Well, consider all possible convex polyhedra which have only regular polygons as faces. Remove from this set the five Platonic Solids:
Next, remove the thirteen Archimedean Solids:
Now remove the infinite sets of prisms and antiprisms, the beginning of which are shown here:
What’s left? The answer to this question is known; it’s the set of Johnson Solids. It has been proven that there are exactly 92 of them:
When Norman Johnson systematically found all of these, and named them, in the late 1960s, he found a number of other polyhedra which were extremely close to being in this set. These are called the “near misses.” An example of a near-miss is the tetrated dodecahedron, which I co-discovered, and named, about a decade ago:
If you go to http://www.software3d.com/Stella.php, you can download a free trial version of software, Stella 4d, written by a friend of mine, Robert Webb (RW), which I used to generate this last image, as well as the rotating .gif which starts this post. (The still pictures were simply found using Google image-searches.) Stella 4d has a built-in library of near-misses, including the tetrated dodecahedron . . . but it doesn’t have all of them.
Well, why not? The reason is simple: the near-misses have no precise definition. They are simply “almost,” but not quite, Johnson Solids. In the case of the tetrated dodecahedron, what keeps it from being a Johnson Solid is the edges where yellow triangles meet other yellow triangles. These edges must be ~7% longer than the other edges, so the yellow triangles, unlike the other faces, are not quite regular — merely close.
There is no way to justify an arbitrary rule for just how close a near-miss must be to “Johnsonhood” be considered an “official” near-miss, so mathematicians have made no such rule. Research to find more near-misses is ongoing, and, due to the “fuzziness” of the definition, may never stop.
My informal test for a proposed near-miss is simple: I show it to RW, and if he thinks it’s close enough to include in the near-miss library in Stella 4d, then it passes. This new one did, but not until RW found a way to improve it, using something I don’t really understand called a “spring model.” What you see at the top of this post is the result. Unlike in the previous version, the green decagons here are regular, but at the expense of regularity in the (former) blue squares, now near-squarish trapezoids, as well as the yellow hexagons. The pink hexagons are slightly irregular in both versions, and the red pentagons are regular in both.
I’m eagerly anticipating the release of the next version of Stella 4d, for this near-miss will be in it.
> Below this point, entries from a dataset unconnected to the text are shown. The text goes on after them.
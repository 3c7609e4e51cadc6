-- ===== src/Regrw/Power.antt =====
-- The hardware is awake exactly while the reference count says so, and a register that sleeps is
-- read while the hardware is awake and the lock is held.
use mathlib.Core.List.{append_assoc}
use nugpgpu.Prelude.{
  ℕ, ◌+◌, ◌%◌, ◌^◌, ◌<◌, ◌≡◌, ◌≢◌, ◌∙◌, refl, ap, sym, Bool, true, false, List, [], ◌∷◌, ◌++◌,
  arith, if◌then◌else◌, ◌==◌, ◌&&◌, ltb, Bool-cases, inl, inr,
}
use nugpgpu.Platform.{Width, Platform}
use nugpgpu.Machine.{State, Event, wr, acquire}
use nugpgpu.Machine.Log.{LockState, free, effects, awake, awake-effects, awake-append, lock_state}
use nugpgpu.Machine.Log.Touches.{Touches}
use nugpgpu.Regrw.{
  forcewake_mt, needs_forcewake, forcewake_work, gpu_forcewake_get, gpu_forcewake_put, gpu_read,
  gpu_write,
}
use nugpgpu.Regrw.Effects.{wake_events, sleep_events, claim_events}
use nugpgpu.Regrw.Access.{
  locked, read_events, write_events, counted_down, gpu_read-Touches, gpu_write-Touches,
}
use nugpgpu.Regrw.Holds.{
  gpu_forcewake_get-Touches, gpu_forcewake_put-Touches, forcewake_work-Touches,
}

-- Whether the driver's last word to FORCEWAKE_MT was to stay awake.
abbrev pub is_awake : {W : Type 0} → State W → Bool
is_awake s = awake (s.regs + forcewake_mt) s.log

-- Between two calls: the hardware is awake if and only if someone holds it, and nobody holds the
-- lock.
pub record IsPowered {W : Type 0} (s : State W) : Type 0 where
  pub counted : is_awake s ≡ ltb 0 s.forcewake_count
  pub unlocked : lock_state s.log ≡ free
  pub small : s.forcewake_count < 2 ^ 32

module _ {W : Type 0} where
  pub is_awake-Touches :
      {l : LockState} {evs : List Event} (s t : State W)
      → Touches l evs s t
      → is_awake t ≡ awake (s.regs + forcewake_mt) (evs ++ s.log)
  is_awake-Touches {evs = evs} s t h =
      ap (λ (r : ℕ). awake (r + forcewake_mt) t.log) h.regs
      ∙ sym (awake-effects (s.regs + forcewake_mt) t.log)
      ∙ ap (λ l. awake (s.regs + forcewake_mt) l) h.log
      ∙ awake-append (s.regs + forcewake_mt) evs (effects s.log) s.log
          (awake-effects (s.regs + forcewake_mt) s.log)

  IsPowered-Touches :
      {evs : List Event} (s t : State W)
      → Touches free evs s t
      → awake (s.regs + forcewake_mt) (evs ++ s.log) ≡ ltb 0 s.forcewake_count
      → lock_state s.log ≡ free
      → s.forcewake_count < 2 ^ 32
      → IsPowered t
  IsPowered-Touches s t h e u small = record {
    counted = is_awake-Touches s t h ∙ e ∙ ap (ltb 0) (sym h.forcewake_count);
    unlocked = h.lock u;
    small = omega (arith, h.forcewake_count);
  }

module _ (regs : ℕ) (l : List Event) where
  awake-locked :
      (evs : List Event)
      → awake (regs + forcewake_mt) (locked evs ++ l) ≡ awake (regs + forcewake_mt) (evs ++ l)
  awake-locked evs =
      ap (λ r. awake (regs + forcewake_mt) r) (append_assoc evs (acquire ∷ []) l)
      ∙ awake-append (regs + forcewake_mt) evs (acquire ∷ l) l refl

  pub awake_wake : awake (regs + forcewake_mt) (wake_events regs ++ l) ≡ true
  awake_wake = ground arith

  awake_sleep : (error : Bool) → awake (regs + forcewake_mt) (sleep_events regs error ++ l) ≡ false
  awake_sleep true = ground arith
  awake_sleep false = ground arith

  awake_claim :
      (unclaimed : Bool)
      → awake (regs + forcewake_mt) (claim_events regs unclaimed ++ l)
        ≡ awake (regs + forcewake_mt) l
  awake_claim true = ground arith
  awake_claim false = refl

  awake_wr :
      (w : Width) (reg val : ℕ)
      → reg ≢ forcewake_mt
      → awake (regs + forcewake_mt) (wr w (regs + reg) val ∷ l) ≡ awake (regs + forcewake_mt) l
  awake_wr w reg val ne = ground arith

module _ (regs count : ℕ) (l : List Event)
    (counted : awake (regs + forcewake_mt) l ≡ ltb 0 count) where
  read_events-counted :
      (reg : ℕ) (error : Bool)
      → awake (regs + forcewake_mt) (locked (read_events regs count reg error) ++ l) ≡ ltb 0 count
  read_events-counted reg error = elim (Bool-cases ((count == 0) && needs_forcewake reg)) [
    | inl e ↦
        awake-locked regs l (read_events regs count reg error)
        ∙ rw e (
            ap (λ r. awake (regs + forcewake_mt) r)
              (append_assoc (sleep_events regs error) (wake_events regs) l)
            ∙ awake_sleep regs (wake_events regs ++ l) error
            ∙ ground arith)
    | inr e ↦ awake-locked regs l (read_events regs count reg error) ∙ rw e counted
  ]

  write_events-counted :
      (w : Width) (reg val : ℕ) (before after : Bool)
      → reg ≢ forcewake_mt
      → awake (regs + forcewake_mt) (locked (write_events regs w reg val before after) ++ l)
        ≡ ltb 0 count
  write_events-counted w reg val before after ne =
      awake-locked regs l (write_events regs w reg val before after)
      ∙ ap (λ r. awake (regs + forcewake_mt) r)
          (append_assoc (claim_events regs after) (wr w (regs + reg) val ∷ claim_events regs before)
            l)
      ∙ awake_claim regs (wr w (regs + reg) val ∷ (claim_events regs before ++ l)) after
      ∙ awake_wr regs (claim_events regs before ++ l) w reg val ne
      ∙ awake_claim regs l before
      ∙ counted

  wake_events-counted :
      awake (regs + forcewake_mt) (locked (if count == 0 then wake_events regs else []) ++ l) ≡ true
  wake_events-counted = elim (Bool-cases (count == 0)) [
    | inl e ↦
        awake-locked regs l (if count == 0 then wake_events regs else []) ∙ rw e (awake_wake regs l)
    | inr e ↦
        awake-locked regs l (if count == 0 then wake_events regs else [])
        ∙ rw e (counted ∙ ground arith)
  ]

  sleep_events-counted :
      (error : Bool)
      → 0 < count
      → count < 2 ^ 32
      → awake
          (regs + forcewake_mt)
          (locked (if counted_down count == 0 then sleep_events regs error else []) ++ l)
        ≡ ltb 0 (counted_down count)
  sleep_events-counted error pos small = elim (Bool-cases (counted_down count == 0)) [
    | inl e ↦
        awake-locked regs l (if counted_down count == 0 then sleep_events regs error else [])
        ∙ rw e (awake_sleep regs l error ∙ ground arith)
    | inr e ↦
        awake-locked regs l (if counted_down count == 0 then sleep_events regs error else [])
        ∙ rw e (counted ∙ ground arith)
  ]

module _ {W : Type 0} ⦃p : Platform W⦄ where
  pub gpu_read-IsPowered :
      (w : Width) (reg : ℕ) (s : State W) → IsPowered s → IsPowered (gpu_read w reg s).1
  gpu_read-IsPowered w reg s v =
      let (error, h) = gpu_read-Touches w reg s in
      IsPowered-Touches s _ h
        (read_events-counted s.regs s.forcewake_count s.log v.counted (reg % 2 ^ 32) error)
        v.unlocked v.small

  pub gpu_write-IsPowered :
      (w : Width) (reg val : ℕ) (s : State W)
      → reg ≢ forcewake_mt
      → IsPowered s
      → IsPowered (gpu_write w reg val s).1
  gpu_write-IsPowered w reg val s ne v =
      let (before, after, h) = gpu_write-Touches w reg val s in
      IsPowered-Touches s _ h
        (write_events-counted s.regs s.forcewake_count s.log v.counted w reg val before after ne)
        v.unlocked v.small

  pub gpu_forcewake_get-IsPowered :
      (s : State W)
      → s.forcewake_count + 1 < 2 ^ 32
      → IsPowered s
      → IsPowered (gpu_forcewake_get s).1
  gpu_forcewake_get-IsPowered s room v =
      IsPowered-Touches _ _ (gpu_forcewake_get-Touches s)
        (wake_events-counted s.regs s.forcewake_count s.log v.counted ∙ ground arith) v.unlocked
        (omega arith)

  pub gpu_forcewake_put-IsPowered :
      (s : State W) → 0 < s.forcewake_count → IsPowered s → IsPowered (gpu_forcewake_put s).1
  gpu_forcewake_put-IsPowered s pos v =
      let (error, h) = gpu_forcewake_put-Touches s in
      IsPowered-Touches _ _ h
        (sleep_events-counted s.regs s.forcewake_count s.log v.counted error pos v.small) v.unlocked
        (omega arith)

  pub forcewake_work-IsPowered :
      (s : State W) → 0 < s.forcewake_count → IsPowered s → IsPowered (forcewake_work s).1
  forcewake_work-IsPowered s pos v =
      let (error, h) = forcewake_work-Touches s in
      IsPowered-Touches _ _ h
        (sleep_events-counted s.regs s.forcewake_count s.log v.counted error pos v.small) v.unlocked
        (omega arith)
If I tell my students about this new discovery, they’ll want to know how much I got paid for it, which is, of course, nothing. I don’t know how to explain to them what it feels like to participate in the discovery of something — anything — which will survive me by a very long time. There’s nothing else quite like that feeling.
Now I just need to think of a good name for this thing!
[Update: the new version of Stella is now out, and this polyhedron is now included in it. As it turns out, I no longer need to think of a name for this polyhedron, for RW took care of that for me, naming it the “zonish truncated icosahedron” in Stella‘s built-in library of polyhedra.]
This is a face-based zonish truncated icosahedron.
I’ve only been looking for a new near-miss for a decade!
Software credit: see www.software3d.com/Stella.php.
The tetrated dodecahedron is a near-miss Johnson solid. It was first discovered in 2002 by Alex Doskey. I then independently rediscovered it in 2003, and named it, not learning of Doskey’s original discovery for several years after that.
It has 28 faces: twelve regular pentagons, arranged in four panels of three pentagons each; four equilateral triangles (shown in blue); and six pairs of isosceles triangles (shown in yellow). All edges of the tetrated dodecahedron have the same length, except for the shared bases of these isosceles triangles, which are approximately 1.07 times as long as the other edges. This polyhedron has tetrahedral symmetry.
(All images here were produced using Stella 4d, which you may try for free, after downloading the trial version from this website: www.software3d.com/Stella.php.)
Consider all possible convex polyhedra which have regular polygons as faces. Remove from this set the five Platonic Solids:
Next, remove the thirteen Archimedean Solids:
Now remove the infinite sets of prisms and antiprisms, the beginning of which are shown here:
What’s left? The answer to this question is known; it’s the set of Johnson Solids. It has been proven that there are exactly 92 of them:
When Norman Johnson systematically found all of these, and named them, in the late 1960s, he found a number of other polyhedra which were extremely close to being in this set. These are called the “near misses.” An example of a near-miss is the tetrated dodecahedron:
If you go to http://www.software3d.com/Stella.php, you can download a free trial version of software, Stella 4d, written by a friend of mine, Robert Webb, which I used to generate this last image. This program has a built-in library of near-misses . . . but it doesn’t have all of them.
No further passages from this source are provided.